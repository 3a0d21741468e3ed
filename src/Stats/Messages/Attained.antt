-- ===== src/Stats/Messages/Attained.antt =====
-- The extremes are latencies of calls, or what they started from.
use mathlib.Core.Option.{some-injective}
use aeron_fast.Base.{
  ℕ, zero, suc, ◌≤◌, ◌≡◌, refl, ap, some, List, [], ◌∷◌, ◌++◌, arith, length, map, get_elem?,
  u64_max, IsU64, All-get_elem?, none-get_elem?,
}
use aeron_fast.Stats.Defs.{PerformanceStats}
use aeron_fast.Stats.History.{minimum, maximum}
use aeron_fast.Stats.Messages.{
  Delivery, latency, Place, Pc, proceed, exec, System, drawn_after, call, run, start, Reach, here,
  next,
}
use aeron_fast.Stats.Messages.Indices.{IsDrawn, Reach-IsIndexed, Step-small}

minimum-le_drawn :
    (drawn : List Delivery) (j : ℕ) (d : Delivery)
    → get_elem? drawn j ≡ some d
    → (minimum (map latency drawn) ≤ latency d) × (latency d ≤ maximum (map latency drawn))
minimum-le_drawn [] j d e = absurd (none-get_elem? e)
minimum-le_drawn (x ∷ drawn) zero d e =
    let same : latency x ≡ latency d = ap latency (some-injective _ _ e) in
    (omega arith, omega arith)
minimum-le_drawn (x ∷ drawn) (suc j) d e =
    let rest = minimum-le_drawn drawn j d e in (omega arith, omega arith)

-- The fields lie between the extremes of the calls.
abbrev IsAttained : List Delivery → PerformanceStats → Type 0
IsAttained drawn m =
    (minimum (map latency drawn) ≤ m.counters.min_latency)
    × (m.counters.max_latency ≤ maximum (map latency drawn))

wider :
    (drawn : List Delivery) (d : Delivery)
    → (minimum (map latency (drawn ++ d ∷ [])) ≤ minimum (map latency drawn))
      × (maximum (map latency drawn) ≤ maximum (map latency (drawn ++ d ∷ [])))
wider [] d = (omega arith, omega arith)
wider (x ∷ drawn) d = let rest = wider drawn d in (omega arith, omega arith)

proceed-IsAttained :
    (p : Place) (d : Delivery) (i : ℕ) (m : PerformanceStats) (low high : ℕ)
    → (low ≤ latency d) × (latency d ≤ high)
    → (low ≤ m.counters.min_latency) × (m.counters.max_latency ≤ high)
    → (low ≤ (proceed p d i m).1.counters.min_latency)
      × ((proceed p d i m).1.counters.max_latency ≤ high)
unfolding proceed
proceed-IsAttained (Place.lowering c) d i m low high between h = ground arith
proceed-IsAttained (Place.raising c) d i m low high between h = ground arith
proceed-IsAttained p d i m low high between h = ground arith

exec-IsAttained :
    (pc : Pc) (m : PerformanceStats) (drawn : List Delivery)
    → IsDrawn drawn pc
    → IsAttained drawn m
    → IsAttained (drawn_after pc drawn) (exec pc m).1
unfolding exec
exec-IsAttained Pc.idle m drawn own h = h
exec-IsAttained (Pc.drawing d) m drawn own h = let w = wider drawn d in (omega arith, omega arith)
exec-IsAttained (Pc.inside p d i) m drawn own h =
    proceed-IsAttained p d i m (minimum (map latency drawn)) (maximum (map latency drawn))
      (minimum-le_drawn drawn i d own) h

pub Reach-IsAttained :
    (n : ℕ) (memory : PerformanceStats) {s : System}
    → memory.counters.message_count ≡ 0
    → memory.counters.min_latency ≡ u64_max
    → memory.counters.max_latency ≡ 0
    → Reach (start n memory) s
    → IsU64 (length s.drawn)
    → (minimum (map latency s.drawn) ≤ s.memory.counters.min_latency)
      × (s.memory.counters.max_latency ≤ maximum (map latency s.drawn))
Reach-IsAttained n memory zeroed top bottom here small = (omega arith, omega arith)
Reach-IsAttained n memory zeroed top bottom (next {t} r (call i d e)) small =
    Reach-IsAttained n memory zeroed top bottom r small
Reach-IsAttained n memory zeroed top bottom (next {t} r (run i pc e)) small =
    let few = Step-small {s = t} (run i pc e) small in
    exec-IsAttained pc t.memory t.drawn
      (All-get_elem? (IsDrawn t.drawn) t.threads i pc e
        (Reach-IsIndexed n memory zeroed r few).indices)
      (Reach-IsAttained n memory zeroed top bottom r few)

-- No latency is outside of two numbers, so neither extreme is.
pub le-minimum_of :
    (low : ℕ) (drawn : List Delivery)
    → low ≤ u64_max
    → ((j : ℕ) (d : Delivery) → get_elem? drawn j ≡ some d → low ≤ latency d)
    → low ≤ minimum (map latency drawn)
le-minimum_of low [] small all = small
le-minimum_of low (x ∷ drawn) small all =
    omega (arith, all 0 x refl, le-minimum_of low drawn small (λ j d e. all (suc j) d e))

pub maximum-le_of :
    (high : ℕ) (drawn : List Delivery)
    → ((j : ℕ) (d : Delivery) → get_elem? drawn j ≡ some d → latency d ≤ high)
    → maximum (map latency drawn) ≤ high
maximum-le_of high [] all = omega arith
maximum-le_of high (x ∷ drawn) all =
    omega (arith, all 0 x refl, maximum-le_of high drawn (λ j d e. all (suc j) d e))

> _YOUR OBJECTIVE_
Tally the lines of the entries that include the word "antt" and give only the total.

> _SOLUTION TO THIS PROBLEM_
2